Кому они были нужны? Я думаю, что произошла трагическая случайность.
— А если нет? В доме не было яда. Нужно еще выяснить, каким
образом он оказался в бутылке с минеральной водой.
— Кого Халупович принимал до меня?
— Двух женщин. Двух своих знакомых, которых он знал до вас.
Она нахмурилась. Разговор был ей неприятен, но она
мужественно продолжала его, не пытаясь уйти от расспросов. Она была сильной
женщиной, и Дронго понимал, что она также анализирует ситуацию, пытаясь найти
решение.
— У него слишком много знакомых женщин, — жестко усмехнулась
она. — Кто это был? Он говорил вам, кто приезжал к нему до меня?
— Я с ними даже беседовал. Это знакомые Халуповича, с
которыми он общался много лет назад.
Она улыбнулась. Потом рассмеялась. Затем налила в стакан
воды и залпом его выпила.
— Значит, он решил собрать всю свою коллекцию? — горько
заключила она. — Значит, я была для него только бабочкой, украшением его
коллекции?
— Не нужно так категорично, — возразил Дронго. — Это была
его мечта — собрать в Москве женщин, с которыми у него связаны самые лучшие
воспоминания. Вы ведь тоже только что говорили, что Халупович был лучшим вашим
воспоминанием. Может быть, вы в его жизни тоже были таким воспоминанием? Разве
подобное исключено?
— С вами трудно спорить, — призналась она. — Я недавно
бросила курить. У вас нет сигарет?
— Нет, я не курю.
— Я могла бы с вами согласиться, но ведь он пригласил и
других женщин.
— В сорок пять лет жизнь мужчины только начинается, —
напомнил Дронго слова, сказанные ею несколько минут назад. — У него было не так
много женщин, как вы думаете. Хотя, может быть, вы правы — их было так много,
что он несколько запутался. Кроме вас, в его жизни были еще две женщины,
встречи с которыми он хотел вспомнить. Эти встречи были для него очень важны.

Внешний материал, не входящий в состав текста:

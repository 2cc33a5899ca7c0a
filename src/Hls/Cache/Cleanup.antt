-- ===== src/Hls/Cache/Cleanup.antt =====
-- hls.rs, `cleanup_camera` and the stale sweep: what they forget, and what they leave.
use sentinel_command.Prelude.{◌≡◌, refl, ap, ◌∙◌, inl, inr, false, none, arith, Option-cases, ◌≢◌}
use sentinel_command.Prelude.Int.{pos, pos_sub}
use sentinel_command.Interfaces.{◌==◌, ==-refl}
use sentinel_command.Text.{Text, text_eq, text_beq_iff}
use sentinel_command.Assoc.{Assoc, total, Distinct, AllValues, member}
use sentinel_command.Assoc
use sentinel_command.Assoc.Laws as AssocLaws
use sentinel_command.Hls.Segments.{bucket_bytes}
use sentinel_command.Hls.Segments.Invariant.{SortedBucket, IsConsistent}
use sentinel_command.Hls.Cache.{HlsCache, cleanup_camera}

-- No segment, playlist, counter of updates or flag of a camera is held.
pub record Forgotten (camera_id : Text) (c : HlsCache) : Type 0 where
  pub segments : Assoc.get camera_id c.segments.cameras ≡ none
  pub playlist : Assoc.get camera_id c.playlists ≡ none
  pub updates : Assoc.get camera_id c.playlist_updates ≡ none
  pub playlist_flag : Assoc.get camera_id c.first_playlist_logged ≡ none
  pub stream_flag : Assoc.get camera_id c.first_stream_get_logged ≡ none

-- Two caches hold the same segments, playlist, counter of updates and flags of a camera.
pub record SameFor (camera_id : Text) (c d : HlsCache) : Type 0 where
  pub segments : Assoc.get camera_id d.segments.cameras ≡ Assoc.get camera_id c.segments.cameras
  pub playlist : Assoc.get camera_id d.playlists ≡ Assoc.get camera_id c.playlists
  pub updates : Assoc.get camera_id d.playlist_updates ≡ Assoc.get camera_id c.playlist_updates
  pub playlist_flag :
      Assoc.get camera_id d.first_playlist_logged ≡ Assoc.get camera_id c.first_playlist_logged
  pub stream_flag :
      Assoc.get camera_id d.first_stream_get_logged ≡ Assoc.get camera_id c.first_stream_get_logged

get-remove_self {ℓ} :
    {V : Type ℓ} (k : Text) (m : Assoc Text V) → Assoc.get k (Assoc.remove k m) ≡ none
get-remove_self k m = AssocLaws.get-remove k k m ∙ rw (==-refl k)

get-remove_ne {ℓ} :
    {V : Type ℓ} (k j : Text) (m : Assoc Text V)
    → (k == j) ≡ false
    → Assoc.get j (Assoc.remove k m) ≡ Assoc.get j m
get-remove_ne k j m h = AssocLaws.get-remove k j m ∙ rw h

cleanup_camera-Forgotten :
    (c : HlsCache) (camera_id : Text) → Forgotten camera_id (cleanup_camera c camera_id)
unfolding cleanup_camera
cleanup_camera-Forgotten c camera_id = record {
  segments = get-remove_self camera_id c.segments.cameras;
  playlist = get-remove_self camera_id c.playlists;
  updates = get-remove_self camera_id c.playlist_updates;
  playlist_flag = get-remove_self camera_id c.first_playlist_logged;
  stream_flag = get-remove_self camera_id c.first_stream_get_logged;
}

cleanup_camera-SameFor :
    (c : HlsCache) (camera_id other : Text)
    → (camera_id == other) ≡ false
    → SameFor other c (cleanup_camera c camera_id)
unfolding cleanup_camera
cleanup_camera-SameFor c camera_id other h = record {
  segments = get-remove_ne camera_id other c.segments.cameras h;
  playlist = get-remove_ne camera_id other c.playlists h;
  updates = get-remove_ne camera_id other c.playlist_updates h;
  playlist_flag = get-remove_ne camera_id other c.first_playlist_logged h;
  stream_flag = get-remove_ne camera_id other c.first_stream_get_logged h;
}

cleanup_camera-IsConsistent :
    (c : HlsCache) (camera_id : Text)
    → IsConsistent c.segments
    → IsConsistent (cleanup_camera c camera_id).segments
unfolding cleanup_camera
cleanup_camera-IsConsistent c camera_id v = record {
  distinct = AssocLaws.remove-Distinct camera_id c.segments.cameras v.distinct;
  sorted = AssocLaws.remove-AllValues SortedBucket camera_id c.segments.cameras v.sorted;
  counted =
      (let bytes = AssocLaws.total-remove bucket_bytes camera_id c.segments.cameras v.distinct in
        elim (Option-cases (Assoc.get camera_id c.segments.cameras)) [
          | inl e ↦ rw (e, cleanup_camera) (v.counted ∙ ap pos (omega (arith, rw e at bytes)))
          | inr (bucket, e) ↦
              rw (e, cleanup_camera)
                (rw
                  (
                    v.counted,
                    pos_sub (total bucket_bytes c.segments.cameras) (bucket_bytes bucket)
                        (omega (arith, rw e at bytes)),
                  )
                  (ap pos (omega (arith, rw e at bytes))))
        ]);
}

-- Deleting a camera forgets its segments, its playlist, its counter of updates and its two flags,
-- and none of these of any other camera; the byte total stays the sum of what is left; and the
-- access log's stamps, also those of the camera, stay.
pub cleanup_camera_lem :
    (c : HlsCache) (camera_id : Text)
    → IsConsistent c.segments
    → Forgotten camera_id (cleanup_camera c camera_id)
      × ((other : Text) → camera_id ≢ other → SameFor other c (cleanup_camera c camera_id))
      × IsConsistent (cleanup_camera c camera_id).segments
      × ((cleanup_camera c camera_id).access_logged ≡ c.access_logged)
cleanup_camera_lem c camera_id v = (
  cleanup_camera-Forgotten c camera_id,
  λ other h.
      cleanup_camera-SameFor c camera_id other (ground (arith, text_beq_iff camera_id other)),
  cleanup_camera-IsConsistent c camera_id v,
  unfold cleanup_camera in refl,
)
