-- ===== src/Hls/Cache/Sweep.antt =====
-- hls.rs, `evict_stale_cameras`: which cameras go, and the reconciliation of the byte total.
use sentinel_command.Prelude.{
  ℕ, ◌-◌, ◌<◌, ◌≡◌, refl, ◌∙◌, inl, inr, Bool, true, false, List, [], ◌∷◌, Option, none, some,
  arith, Bool-cases, if◌then◌else◌, ltb, ◌&&◌, ◌↔◌,
}
use sentinel_command.Text.{Text, text_eq, text_beq_iff}
use sentinel_command.Assoc.{Assoc, total, Distinct, AllValues, member}
use sentinel_command.Assoc
use sentinel_command.Assoc.Laws as AssocLaws
use sentinel_command.Hls.Segments.{Bucket, recompute_bytes}
use sentinel_command.Hls.Segments.Invariant.{SortedBucket, IsConsistent}
use sentinel_command.Hls.Cache.{
  HlsCache, is_stale, stale_cameras, evict_stale_cameras, stale_camera_age,
}
use sentinel_command.Hls.Cache.Cleanup.{Forgotten, SameFor}

abbrev stale_option : ℕ → Option Bucket → Bool
stale_option cutoff none = false
stale_option cutoff (some bucket) = is_stale cutoff bucket

member-absent :
    (cutoff : ℕ) (camera_id : Text) (cameras : Assoc Text Bucket)
    → Assoc.get camera_id cameras ≡ none
    → member camera_id (stale_cameras cutoff cameras) ≡ false
unfolding member stale_cameras Assoc.get
member-absent cutoff camera_id [] e = refl
member-absent cutoff camera_id ((k, bucket) ∷ cameras) e =
    ground (arith, member-absent cutoff camera_id cameras)

-- The list holds exactly the cameras whose bucket is stale.
member-stale_cameras :
    (cutoff : ℕ) (camera_id : Text) (cameras : Assoc Text Bucket)
    → Distinct cameras
    → member camera_id (stale_cameras cutoff cameras)
      ≡ stale_option cutoff (Assoc.get camera_id cameras)
unfolding member stale_cameras Assoc.get
member-stale_cameras cutoff camera_id [] d = refl
member-stale_cameras cutoff camera_id ((k, bucket) ∷ cameras) d = ground (
  arith,
  member-stale_cameras cutoff camera_id cameras d.1,
  text_beq_iff k camera_id,
  member-absent cutoff k cameras d.0,
)

-- No segment of the bucket is as young as the cutoff.
abbrev pub AllBefore : ℕ → Bucket → Type 0
AllBefore cutoff [] = Unit
AllBefore cutoff ((filename, (body, ts)) ∷ bucket) = (ts < cutoff) × AllBefore cutoff bucket

is_stale-cons :
    (cutoff ts : ℕ) (filename body : Text) (bucket : Bucket)
    → is_stale cutoff ((filename, (body, ts)) ∷ bucket) ≡ (ltb ts cutoff && is_stale cutoff bucket)
unfolding is_stale
is_stale-cons cutoff ts filename body [] = ground arith
is_stale-cons cutoff ts filename body ((f, (b, t)) ∷ bucket) = ground arith

pub is_stale_iff :
    (cutoff : ℕ) (bucket : Bucket) → (is_stale cutoff bucket ≡ true) ↔ AllBefore cutoff bucket
is_stale_iff cutoff [] = (λ _. tt, λ _. unfold is_stale in refl)
is_stale_iff cutoff ((filename, (body, ts)) ∷ bucket) =
    ground (arith, is_stale-cons cutoff ts filename body bucket, is_stale_iff cutoff bucket)

-- A camera's bucket, if it has one, holds nothing as young as the cutoff.
abbrev pub HasOnlyBefore : ℕ → Option Bucket → Type 0
HasOnlyBefore cutoff none = ⊥
HasOnlyBefore cutoff (some bucket) = AllBefore cutoff bucket

stale_option-true :
    (cutoff : ℕ) (o : Option Bucket) → HasOnlyBefore cutoff o → stale_option cutoff o ≡ true
stale_option-true cutoff none h = absurd h
stale_option-true cutoff (some bucket) h = (is_stale_iff cutoff bucket).1 h

stale_option-false :
    (cutoff : ℕ) (o : Option Bucket) → ¬ HasOnlyBefore cutoff o → stale_option cutoff o ≡ false
stale_option-false cutoff none h = refl
stale_option-false cutoff (some bucket) h = elim (Bool-cases (is_stale cutoff bucket)) [
  | inl stale ↦ absurd (h ((is_stale_iff cutoff bucket).0 stale))
  | inr young ↦ young
]

get-remove_all_if {ℓ} :
    {V : Type ℓ} (ks : List Text) (k : Text) (m : Assoc Text V) (b : Bool)
    → member k ks ≡ b
    → Assoc.get k (Assoc.remove_all ks m) ≡ (if b then none else Assoc.get k m)
get-remove_all_if ks k m b h = AssocLaws.get-remove_all ks k m ∙ rw h

module _ (c : HlsCache) (now : ℕ) (d : Distinct c.segments.cameras) where
  abbrev cutoff : ℕ
  cutoff = now - stale_camera_age

  sweep-member :
      (k : Text) (b : Bool)
      → stale_option cutoff (Assoc.get k c.segments.cameras) ≡ b
      → member k (stale_cameras cutoff c.segments.cameras) ≡ b
  sweep-member k b h = member-stale_cameras cutoff k c.segments.cameras d ∙ h

  sweep-Forgotten :
      (k : Text)
      → HasOnlyBefore cutoff (Assoc.get k c.segments.cameras)
      → Forgotten k (evict_stale_cameras c now)
  unfolding evict_stale_cameras
  sweep-Forgotten k h =
      let stale = stale_cameras cutoff c.segments.cameras in
      let m = sweep-member k true (stale_option-true cutoff _ h) in
      record {
        segments = get-remove_all_if stale k c.segments.cameras true m;
        playlist = get-remove_all_if stale k c.playlists true m;
        updates = get-remove_all_if stale k c.playlist_updates true m;
        playlist_flag = get-remove_all_if stale k c.first_playlist_logged true m;
        stream_flag = get-remove_all_if stale k c.first_stream_get_logged true m;
      }

  sweep-SameFor :
      (k : Text)
      → ¬ HasOnlyBefore cutoff (Assoc.get k c.segments.cameras)
      → SameFor k c (evict_stale_cameras c now)
  unfolding evict_stale_cameras
  sweep-SameFor k h =
      let stale = stale_cameras cutoff c.segments.cameras in
      let m = sweep-member k false (stale_option-false cutoff _ h) in
      record {
        segments = get-remove_all_if stale k c.segments.cameras false m;
        playlist = get-remove_all_if stale k c.playlists false m;
        updates = get-remove_all_if stale k c.playlist_updates false m;
        playlist_flag = get-remove_all_if stale k c.first_playlist_logged false m;
        stream_flag = get-remove_all_if stale k c.first_stream_get_logged false m;
      }

sweep-IsConsistent :
    (c : HlsCache) (now : ℕ)
    → Distinct c.segments.cameras
    → AllValues SortedBucket c.segments.cameras
    → IsConsistent (evict_stale_cameras c now).segments
unfolding evict_stale_cameras recompute_bytes
sweep-IsConsistent c now d s = record {
  distinct = AssocLaws.remove_all-Distinct _ c.segments.cameras d;
  sorted = AssocLaws.remove_all-AllValues SortedBucket _ c.segments.cameras s;
  counted = refl;
}

-- What the sweep promises at a time.
pub record Swept (c : HlsCache) (now : ℕ) (out : HlsCache) : Type 0 where
  pub drops :
      (k : Text)
      → HasOnlyBefore (now - stale_camera_age) (Assoc.get k c.segments.cameras)
      → Forgotten k out
  pub keeps :
      (k : Text)
      → ¬ HasOnlyBefore (now - stale_camera_age) (Assoc.get k c.segments.cameras)
      → SameFor k c out
  pub consistent : IsConsistent out.segments
  pub stamps : out.access_logged ≡ c.access_logged

-- The sweep forgets the segments, the playlist, its counter and the two flags of exactly the cameras
-- with a bucket and no segment of the last minute, leaves these of the others as they were, makes
-- the byte total exact whatever it was before, and leaves the access log's stamps alone.
pub evict_stale_cameras-Swept :
    (c : HlsCache) (now : ℕ)
    → Distinct c.segments.cameras
    → AllValues SortedBucket c.segments.cameras
    → Swept c now (evict_stale_cameras c now)
evict_stale_cameras-Swept c now d s = record {
  drops = sweep-Forgotten c now d;
  keeps = sweep-SameFor c now d;
  consistent = sweep-IsConsistent c now d s;
  stamps = unfold evict_stale_cameras in refl;
}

— Приятнее быть одной из трех, чем одной из многих, —
саркастически заметила она. — Кто эти женщины?
— Он хотел вас друг с другом познакомить. Устроить этакий
вечер воспоминаний. Один раз в миллениум, как он говорил. Собрать вас, чтобы
вспомнить лучшие страницы собственной судьбы. По-моему, идея несколько
эксцентричная, но у каждого человека есть свои эстетические категории.
— Может быть, яд положила одна из этих женщин? —
предположила Оксана Григорьевна. — Она могла узнать, что Халупович готовится
встретиться с другой женщиной и приревновать его к сопернице.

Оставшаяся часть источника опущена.